▶ _Data shown_:
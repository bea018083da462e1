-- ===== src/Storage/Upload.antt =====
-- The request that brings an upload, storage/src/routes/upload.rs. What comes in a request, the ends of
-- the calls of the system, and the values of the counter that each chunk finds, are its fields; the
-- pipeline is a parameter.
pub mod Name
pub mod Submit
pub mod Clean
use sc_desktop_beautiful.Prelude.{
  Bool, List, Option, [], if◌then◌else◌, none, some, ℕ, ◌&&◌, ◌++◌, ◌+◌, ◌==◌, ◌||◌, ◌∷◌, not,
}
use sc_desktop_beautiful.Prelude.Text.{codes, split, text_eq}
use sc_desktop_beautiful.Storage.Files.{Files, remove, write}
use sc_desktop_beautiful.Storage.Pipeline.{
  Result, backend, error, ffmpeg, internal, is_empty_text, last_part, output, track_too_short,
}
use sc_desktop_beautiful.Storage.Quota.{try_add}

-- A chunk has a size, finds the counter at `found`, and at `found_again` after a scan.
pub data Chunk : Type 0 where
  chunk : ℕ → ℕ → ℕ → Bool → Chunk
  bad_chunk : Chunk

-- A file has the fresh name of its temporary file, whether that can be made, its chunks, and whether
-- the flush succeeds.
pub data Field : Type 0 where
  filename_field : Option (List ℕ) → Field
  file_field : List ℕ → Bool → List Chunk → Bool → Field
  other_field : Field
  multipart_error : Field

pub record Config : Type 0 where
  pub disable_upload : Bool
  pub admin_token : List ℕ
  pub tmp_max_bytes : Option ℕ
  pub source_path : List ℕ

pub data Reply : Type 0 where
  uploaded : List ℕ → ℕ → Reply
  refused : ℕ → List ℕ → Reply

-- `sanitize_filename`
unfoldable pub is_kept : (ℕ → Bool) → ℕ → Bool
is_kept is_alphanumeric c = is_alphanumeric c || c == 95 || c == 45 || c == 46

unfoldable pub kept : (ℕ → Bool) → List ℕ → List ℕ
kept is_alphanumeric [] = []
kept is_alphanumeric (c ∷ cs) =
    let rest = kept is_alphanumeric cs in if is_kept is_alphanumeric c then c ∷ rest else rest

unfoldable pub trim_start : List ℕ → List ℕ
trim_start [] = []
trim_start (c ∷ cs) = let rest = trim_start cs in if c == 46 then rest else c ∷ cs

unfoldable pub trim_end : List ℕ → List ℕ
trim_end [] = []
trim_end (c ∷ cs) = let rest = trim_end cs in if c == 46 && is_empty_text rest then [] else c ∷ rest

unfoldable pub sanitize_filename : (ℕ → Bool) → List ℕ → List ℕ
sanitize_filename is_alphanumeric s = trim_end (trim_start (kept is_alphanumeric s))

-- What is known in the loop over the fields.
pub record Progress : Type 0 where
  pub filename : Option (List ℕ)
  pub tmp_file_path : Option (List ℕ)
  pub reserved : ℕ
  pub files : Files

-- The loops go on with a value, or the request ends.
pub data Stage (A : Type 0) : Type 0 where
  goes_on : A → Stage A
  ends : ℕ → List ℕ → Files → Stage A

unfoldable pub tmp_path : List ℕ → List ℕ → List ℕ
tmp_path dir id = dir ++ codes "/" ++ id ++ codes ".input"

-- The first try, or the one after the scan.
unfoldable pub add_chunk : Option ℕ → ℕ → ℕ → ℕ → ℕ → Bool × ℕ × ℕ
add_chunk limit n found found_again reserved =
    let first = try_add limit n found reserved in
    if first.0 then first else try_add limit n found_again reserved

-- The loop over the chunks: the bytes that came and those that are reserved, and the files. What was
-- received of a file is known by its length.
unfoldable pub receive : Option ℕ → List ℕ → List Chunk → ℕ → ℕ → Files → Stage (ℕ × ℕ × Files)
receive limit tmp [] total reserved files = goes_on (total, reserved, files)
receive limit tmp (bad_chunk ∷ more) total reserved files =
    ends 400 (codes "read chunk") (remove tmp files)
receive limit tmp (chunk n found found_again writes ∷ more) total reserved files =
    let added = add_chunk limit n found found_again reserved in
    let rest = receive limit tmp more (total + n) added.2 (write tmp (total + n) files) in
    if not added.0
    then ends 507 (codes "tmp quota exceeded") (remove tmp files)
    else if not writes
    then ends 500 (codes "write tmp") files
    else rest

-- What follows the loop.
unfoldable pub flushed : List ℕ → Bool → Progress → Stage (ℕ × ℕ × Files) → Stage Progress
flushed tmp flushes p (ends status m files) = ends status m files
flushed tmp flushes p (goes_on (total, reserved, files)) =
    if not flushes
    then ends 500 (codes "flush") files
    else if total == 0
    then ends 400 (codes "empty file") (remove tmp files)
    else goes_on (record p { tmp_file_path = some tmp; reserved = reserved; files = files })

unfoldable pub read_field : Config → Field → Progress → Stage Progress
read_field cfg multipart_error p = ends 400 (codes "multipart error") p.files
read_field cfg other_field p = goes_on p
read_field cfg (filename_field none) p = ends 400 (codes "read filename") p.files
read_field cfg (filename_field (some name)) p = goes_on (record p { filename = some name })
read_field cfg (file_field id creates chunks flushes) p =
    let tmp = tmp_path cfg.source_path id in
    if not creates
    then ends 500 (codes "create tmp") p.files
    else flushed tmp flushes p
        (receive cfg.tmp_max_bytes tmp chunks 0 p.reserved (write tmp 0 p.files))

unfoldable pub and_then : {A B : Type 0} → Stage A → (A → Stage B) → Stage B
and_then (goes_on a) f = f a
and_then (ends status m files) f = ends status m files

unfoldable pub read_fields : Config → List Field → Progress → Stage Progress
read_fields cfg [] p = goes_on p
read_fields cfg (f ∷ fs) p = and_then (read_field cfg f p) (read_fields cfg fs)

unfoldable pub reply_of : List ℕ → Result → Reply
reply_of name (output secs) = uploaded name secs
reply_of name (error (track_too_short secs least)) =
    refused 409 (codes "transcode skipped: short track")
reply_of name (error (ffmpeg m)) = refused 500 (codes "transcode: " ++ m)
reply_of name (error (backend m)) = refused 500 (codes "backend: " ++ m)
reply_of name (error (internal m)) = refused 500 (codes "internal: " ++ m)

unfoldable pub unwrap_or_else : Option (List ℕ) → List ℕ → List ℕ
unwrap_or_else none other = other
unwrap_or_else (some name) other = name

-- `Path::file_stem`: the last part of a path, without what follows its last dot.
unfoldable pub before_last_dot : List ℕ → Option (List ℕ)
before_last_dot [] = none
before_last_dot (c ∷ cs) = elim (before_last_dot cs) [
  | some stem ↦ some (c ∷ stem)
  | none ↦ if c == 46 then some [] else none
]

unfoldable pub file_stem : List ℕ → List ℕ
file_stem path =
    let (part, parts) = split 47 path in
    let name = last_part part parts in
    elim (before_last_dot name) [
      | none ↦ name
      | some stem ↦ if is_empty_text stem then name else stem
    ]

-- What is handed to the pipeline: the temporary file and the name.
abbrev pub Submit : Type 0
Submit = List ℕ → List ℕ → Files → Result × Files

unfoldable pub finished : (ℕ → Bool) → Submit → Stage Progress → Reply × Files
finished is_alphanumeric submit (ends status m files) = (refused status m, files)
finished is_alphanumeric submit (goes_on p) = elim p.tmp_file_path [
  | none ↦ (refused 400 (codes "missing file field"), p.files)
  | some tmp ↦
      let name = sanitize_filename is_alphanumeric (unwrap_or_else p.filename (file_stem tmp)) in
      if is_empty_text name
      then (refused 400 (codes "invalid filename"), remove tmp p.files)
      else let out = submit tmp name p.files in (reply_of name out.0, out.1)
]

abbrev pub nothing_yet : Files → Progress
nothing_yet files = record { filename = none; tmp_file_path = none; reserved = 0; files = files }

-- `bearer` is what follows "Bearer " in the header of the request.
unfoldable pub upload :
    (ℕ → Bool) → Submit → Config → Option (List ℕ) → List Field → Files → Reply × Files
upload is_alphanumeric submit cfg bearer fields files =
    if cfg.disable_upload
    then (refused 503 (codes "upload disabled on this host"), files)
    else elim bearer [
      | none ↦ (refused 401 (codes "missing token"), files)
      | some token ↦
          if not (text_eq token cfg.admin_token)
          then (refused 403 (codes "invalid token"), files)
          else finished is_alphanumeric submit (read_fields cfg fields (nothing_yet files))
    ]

---

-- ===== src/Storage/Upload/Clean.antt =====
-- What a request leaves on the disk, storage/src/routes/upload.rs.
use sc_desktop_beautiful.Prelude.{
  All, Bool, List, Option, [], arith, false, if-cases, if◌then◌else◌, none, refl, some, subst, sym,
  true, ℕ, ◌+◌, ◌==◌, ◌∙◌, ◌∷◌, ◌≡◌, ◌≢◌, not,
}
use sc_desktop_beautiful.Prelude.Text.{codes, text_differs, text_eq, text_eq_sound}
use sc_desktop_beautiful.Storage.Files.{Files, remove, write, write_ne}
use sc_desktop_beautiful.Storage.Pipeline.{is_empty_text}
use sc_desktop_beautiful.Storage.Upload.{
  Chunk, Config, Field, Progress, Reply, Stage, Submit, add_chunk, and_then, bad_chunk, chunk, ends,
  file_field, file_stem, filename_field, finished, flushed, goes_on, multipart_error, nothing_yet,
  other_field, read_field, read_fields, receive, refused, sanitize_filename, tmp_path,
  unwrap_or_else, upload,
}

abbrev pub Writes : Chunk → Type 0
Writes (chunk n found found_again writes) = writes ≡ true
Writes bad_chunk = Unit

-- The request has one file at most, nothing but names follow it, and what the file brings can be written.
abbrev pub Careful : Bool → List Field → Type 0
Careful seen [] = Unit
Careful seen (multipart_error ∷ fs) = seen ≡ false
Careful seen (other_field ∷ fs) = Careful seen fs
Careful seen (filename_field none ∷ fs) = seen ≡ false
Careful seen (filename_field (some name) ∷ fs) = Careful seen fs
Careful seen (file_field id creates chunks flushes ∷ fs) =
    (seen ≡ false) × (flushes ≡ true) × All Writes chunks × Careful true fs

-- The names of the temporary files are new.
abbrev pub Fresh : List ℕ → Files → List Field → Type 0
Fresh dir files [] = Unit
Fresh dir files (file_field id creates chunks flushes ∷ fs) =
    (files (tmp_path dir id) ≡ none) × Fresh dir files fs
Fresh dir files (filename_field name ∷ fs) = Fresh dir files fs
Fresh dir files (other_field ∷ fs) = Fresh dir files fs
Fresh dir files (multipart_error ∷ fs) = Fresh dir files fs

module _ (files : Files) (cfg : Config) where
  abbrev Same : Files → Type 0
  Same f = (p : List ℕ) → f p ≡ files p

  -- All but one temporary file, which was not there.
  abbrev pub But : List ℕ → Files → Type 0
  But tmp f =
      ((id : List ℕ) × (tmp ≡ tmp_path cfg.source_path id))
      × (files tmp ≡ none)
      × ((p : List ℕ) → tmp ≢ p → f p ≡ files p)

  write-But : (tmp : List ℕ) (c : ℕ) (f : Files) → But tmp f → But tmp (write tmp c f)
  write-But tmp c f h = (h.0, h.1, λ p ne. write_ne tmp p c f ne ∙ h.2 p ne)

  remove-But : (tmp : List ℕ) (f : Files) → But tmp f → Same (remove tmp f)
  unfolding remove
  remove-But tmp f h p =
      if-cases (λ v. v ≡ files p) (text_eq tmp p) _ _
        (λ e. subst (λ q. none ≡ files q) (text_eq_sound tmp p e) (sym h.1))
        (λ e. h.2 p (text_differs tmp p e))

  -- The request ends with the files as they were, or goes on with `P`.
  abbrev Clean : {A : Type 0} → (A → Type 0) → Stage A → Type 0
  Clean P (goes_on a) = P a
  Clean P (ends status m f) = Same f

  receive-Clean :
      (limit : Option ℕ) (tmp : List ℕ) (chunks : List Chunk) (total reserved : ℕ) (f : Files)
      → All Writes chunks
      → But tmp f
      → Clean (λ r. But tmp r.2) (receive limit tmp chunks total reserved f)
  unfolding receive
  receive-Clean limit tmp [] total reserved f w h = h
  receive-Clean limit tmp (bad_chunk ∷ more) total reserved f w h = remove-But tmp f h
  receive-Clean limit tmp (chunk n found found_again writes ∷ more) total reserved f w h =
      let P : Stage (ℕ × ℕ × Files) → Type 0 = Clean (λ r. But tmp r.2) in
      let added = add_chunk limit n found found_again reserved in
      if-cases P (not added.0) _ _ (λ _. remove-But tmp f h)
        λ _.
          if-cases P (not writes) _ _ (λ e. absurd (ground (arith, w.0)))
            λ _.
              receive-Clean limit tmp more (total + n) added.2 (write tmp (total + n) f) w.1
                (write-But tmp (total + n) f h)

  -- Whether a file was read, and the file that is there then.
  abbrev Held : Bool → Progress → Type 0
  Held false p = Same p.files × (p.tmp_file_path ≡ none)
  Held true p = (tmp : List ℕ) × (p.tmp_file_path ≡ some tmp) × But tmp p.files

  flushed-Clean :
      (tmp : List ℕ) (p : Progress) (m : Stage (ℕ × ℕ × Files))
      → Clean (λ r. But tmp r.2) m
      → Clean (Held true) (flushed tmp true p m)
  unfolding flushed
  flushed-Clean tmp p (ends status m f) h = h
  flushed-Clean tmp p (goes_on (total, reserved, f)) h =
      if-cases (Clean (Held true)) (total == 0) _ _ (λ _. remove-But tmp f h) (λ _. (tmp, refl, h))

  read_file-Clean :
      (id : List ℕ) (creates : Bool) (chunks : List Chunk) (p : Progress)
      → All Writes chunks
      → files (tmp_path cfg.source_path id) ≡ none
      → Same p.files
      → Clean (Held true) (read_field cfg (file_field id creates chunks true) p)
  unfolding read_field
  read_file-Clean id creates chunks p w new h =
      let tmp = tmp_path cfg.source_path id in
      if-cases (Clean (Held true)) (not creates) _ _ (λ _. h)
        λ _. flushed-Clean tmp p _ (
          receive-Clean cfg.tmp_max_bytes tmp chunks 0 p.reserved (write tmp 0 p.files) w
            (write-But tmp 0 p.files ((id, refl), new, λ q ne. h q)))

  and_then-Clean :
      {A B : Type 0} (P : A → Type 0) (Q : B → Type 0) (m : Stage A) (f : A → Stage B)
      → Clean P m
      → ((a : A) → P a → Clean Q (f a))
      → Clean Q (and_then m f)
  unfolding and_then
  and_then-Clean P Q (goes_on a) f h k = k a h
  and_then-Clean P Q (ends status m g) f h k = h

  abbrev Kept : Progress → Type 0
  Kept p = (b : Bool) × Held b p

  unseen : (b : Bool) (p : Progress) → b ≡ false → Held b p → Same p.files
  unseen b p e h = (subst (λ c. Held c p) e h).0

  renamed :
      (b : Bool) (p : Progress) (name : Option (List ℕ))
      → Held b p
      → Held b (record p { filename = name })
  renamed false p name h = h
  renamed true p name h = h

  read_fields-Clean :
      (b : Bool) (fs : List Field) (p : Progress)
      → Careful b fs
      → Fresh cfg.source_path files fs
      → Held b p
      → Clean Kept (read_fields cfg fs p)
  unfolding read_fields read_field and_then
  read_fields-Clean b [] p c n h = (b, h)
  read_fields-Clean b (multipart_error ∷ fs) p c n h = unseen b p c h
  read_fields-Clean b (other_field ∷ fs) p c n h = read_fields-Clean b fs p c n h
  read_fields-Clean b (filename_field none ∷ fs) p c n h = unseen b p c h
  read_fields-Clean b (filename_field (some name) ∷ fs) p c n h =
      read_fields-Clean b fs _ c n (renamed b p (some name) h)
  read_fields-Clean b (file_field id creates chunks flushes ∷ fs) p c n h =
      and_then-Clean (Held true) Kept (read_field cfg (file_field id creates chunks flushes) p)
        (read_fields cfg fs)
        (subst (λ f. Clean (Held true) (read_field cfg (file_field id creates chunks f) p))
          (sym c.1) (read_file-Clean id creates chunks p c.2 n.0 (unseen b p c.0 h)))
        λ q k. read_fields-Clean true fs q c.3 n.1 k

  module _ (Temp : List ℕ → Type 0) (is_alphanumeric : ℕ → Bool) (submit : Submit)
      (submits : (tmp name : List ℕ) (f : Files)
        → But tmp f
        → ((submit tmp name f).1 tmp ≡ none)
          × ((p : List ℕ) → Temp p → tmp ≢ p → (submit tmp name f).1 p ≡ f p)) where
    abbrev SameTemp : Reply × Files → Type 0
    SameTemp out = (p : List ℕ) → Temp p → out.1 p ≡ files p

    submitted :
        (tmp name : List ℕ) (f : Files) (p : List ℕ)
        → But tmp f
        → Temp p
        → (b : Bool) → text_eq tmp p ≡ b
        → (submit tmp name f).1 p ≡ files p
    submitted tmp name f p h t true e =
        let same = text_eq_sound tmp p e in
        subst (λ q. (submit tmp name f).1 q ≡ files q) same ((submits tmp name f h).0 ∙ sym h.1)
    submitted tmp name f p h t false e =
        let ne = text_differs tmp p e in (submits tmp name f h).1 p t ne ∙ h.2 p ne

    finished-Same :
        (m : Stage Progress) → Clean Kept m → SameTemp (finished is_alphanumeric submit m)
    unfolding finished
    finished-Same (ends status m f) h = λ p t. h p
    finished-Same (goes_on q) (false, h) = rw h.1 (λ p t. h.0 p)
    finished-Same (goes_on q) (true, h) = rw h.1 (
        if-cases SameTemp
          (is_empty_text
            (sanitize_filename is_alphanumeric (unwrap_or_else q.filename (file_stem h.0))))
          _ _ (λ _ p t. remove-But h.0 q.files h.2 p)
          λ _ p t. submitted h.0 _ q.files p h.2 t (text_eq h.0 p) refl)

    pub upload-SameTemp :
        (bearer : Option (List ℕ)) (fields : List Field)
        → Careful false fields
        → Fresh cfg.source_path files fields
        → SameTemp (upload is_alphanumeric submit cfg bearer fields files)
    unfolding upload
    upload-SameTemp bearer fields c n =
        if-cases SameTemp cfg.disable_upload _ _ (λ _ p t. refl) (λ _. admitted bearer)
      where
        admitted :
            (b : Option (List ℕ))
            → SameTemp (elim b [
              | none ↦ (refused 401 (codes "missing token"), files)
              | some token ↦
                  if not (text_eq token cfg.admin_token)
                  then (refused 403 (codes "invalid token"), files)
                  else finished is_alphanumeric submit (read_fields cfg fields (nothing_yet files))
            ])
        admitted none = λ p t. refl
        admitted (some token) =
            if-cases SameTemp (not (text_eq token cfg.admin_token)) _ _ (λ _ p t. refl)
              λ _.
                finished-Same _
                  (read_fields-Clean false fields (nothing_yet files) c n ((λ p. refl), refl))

* * *

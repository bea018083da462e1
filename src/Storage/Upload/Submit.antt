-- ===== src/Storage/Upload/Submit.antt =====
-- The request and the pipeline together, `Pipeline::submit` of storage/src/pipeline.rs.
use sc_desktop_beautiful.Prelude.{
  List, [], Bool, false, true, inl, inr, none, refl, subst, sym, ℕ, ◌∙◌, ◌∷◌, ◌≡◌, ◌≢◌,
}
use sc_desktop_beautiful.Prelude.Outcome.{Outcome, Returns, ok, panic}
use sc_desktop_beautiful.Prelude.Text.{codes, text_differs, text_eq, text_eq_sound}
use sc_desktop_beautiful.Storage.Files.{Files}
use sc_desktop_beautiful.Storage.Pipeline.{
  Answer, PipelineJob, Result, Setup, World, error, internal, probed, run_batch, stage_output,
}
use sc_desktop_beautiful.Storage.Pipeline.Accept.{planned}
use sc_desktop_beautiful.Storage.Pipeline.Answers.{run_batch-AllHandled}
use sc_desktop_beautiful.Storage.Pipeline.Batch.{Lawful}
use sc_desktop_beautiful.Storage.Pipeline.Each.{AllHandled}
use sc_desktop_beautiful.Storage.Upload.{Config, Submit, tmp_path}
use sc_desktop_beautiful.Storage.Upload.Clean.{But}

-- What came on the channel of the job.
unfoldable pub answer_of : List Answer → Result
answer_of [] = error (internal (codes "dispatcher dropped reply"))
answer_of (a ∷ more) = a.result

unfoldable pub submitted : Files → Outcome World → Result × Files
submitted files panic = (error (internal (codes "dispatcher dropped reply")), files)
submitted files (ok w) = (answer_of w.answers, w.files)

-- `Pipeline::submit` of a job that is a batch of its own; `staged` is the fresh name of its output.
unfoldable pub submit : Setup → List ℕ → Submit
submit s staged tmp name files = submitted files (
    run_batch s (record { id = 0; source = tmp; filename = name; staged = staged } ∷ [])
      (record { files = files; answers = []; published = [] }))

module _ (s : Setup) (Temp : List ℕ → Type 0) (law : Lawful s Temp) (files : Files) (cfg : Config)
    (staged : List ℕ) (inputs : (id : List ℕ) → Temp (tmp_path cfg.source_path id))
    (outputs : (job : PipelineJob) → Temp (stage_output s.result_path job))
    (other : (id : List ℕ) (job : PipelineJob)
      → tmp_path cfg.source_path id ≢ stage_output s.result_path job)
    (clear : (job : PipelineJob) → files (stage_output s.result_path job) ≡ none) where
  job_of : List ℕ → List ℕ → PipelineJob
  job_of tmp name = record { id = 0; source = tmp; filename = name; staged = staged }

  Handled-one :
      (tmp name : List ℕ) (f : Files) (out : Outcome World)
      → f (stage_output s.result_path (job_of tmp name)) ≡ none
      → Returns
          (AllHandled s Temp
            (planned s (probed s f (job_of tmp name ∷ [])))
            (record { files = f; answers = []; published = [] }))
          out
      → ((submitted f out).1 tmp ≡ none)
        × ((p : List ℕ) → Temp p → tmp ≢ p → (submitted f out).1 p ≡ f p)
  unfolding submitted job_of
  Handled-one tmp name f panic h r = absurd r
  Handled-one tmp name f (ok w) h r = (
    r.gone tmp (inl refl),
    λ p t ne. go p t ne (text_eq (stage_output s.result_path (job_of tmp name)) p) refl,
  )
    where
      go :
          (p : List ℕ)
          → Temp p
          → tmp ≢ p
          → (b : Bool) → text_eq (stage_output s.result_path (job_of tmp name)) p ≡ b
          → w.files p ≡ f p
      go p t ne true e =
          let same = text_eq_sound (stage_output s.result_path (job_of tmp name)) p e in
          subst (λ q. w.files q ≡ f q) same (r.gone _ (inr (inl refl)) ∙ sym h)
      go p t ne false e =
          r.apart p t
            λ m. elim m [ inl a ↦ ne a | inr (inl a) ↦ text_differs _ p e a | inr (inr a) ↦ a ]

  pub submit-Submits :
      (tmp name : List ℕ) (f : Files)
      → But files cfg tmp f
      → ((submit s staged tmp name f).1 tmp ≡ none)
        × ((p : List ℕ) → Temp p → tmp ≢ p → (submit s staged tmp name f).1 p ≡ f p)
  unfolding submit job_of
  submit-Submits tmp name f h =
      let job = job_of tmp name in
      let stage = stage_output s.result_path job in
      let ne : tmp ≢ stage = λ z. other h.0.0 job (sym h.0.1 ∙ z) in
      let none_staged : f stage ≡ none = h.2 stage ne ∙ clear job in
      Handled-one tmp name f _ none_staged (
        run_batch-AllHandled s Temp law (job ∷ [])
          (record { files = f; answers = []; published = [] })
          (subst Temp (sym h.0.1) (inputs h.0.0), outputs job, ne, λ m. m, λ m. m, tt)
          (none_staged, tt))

▶ _Requirement_: The required output is every line above that contains the string "missing".

▶ _Solution_:
  | none ↦ (refused 400 (codes "missing file field"), p.files)
      | none ↦ (refused 401 (codes "missing token"), files)
              | none ↦ (refused 401 (codes "missing token"), files)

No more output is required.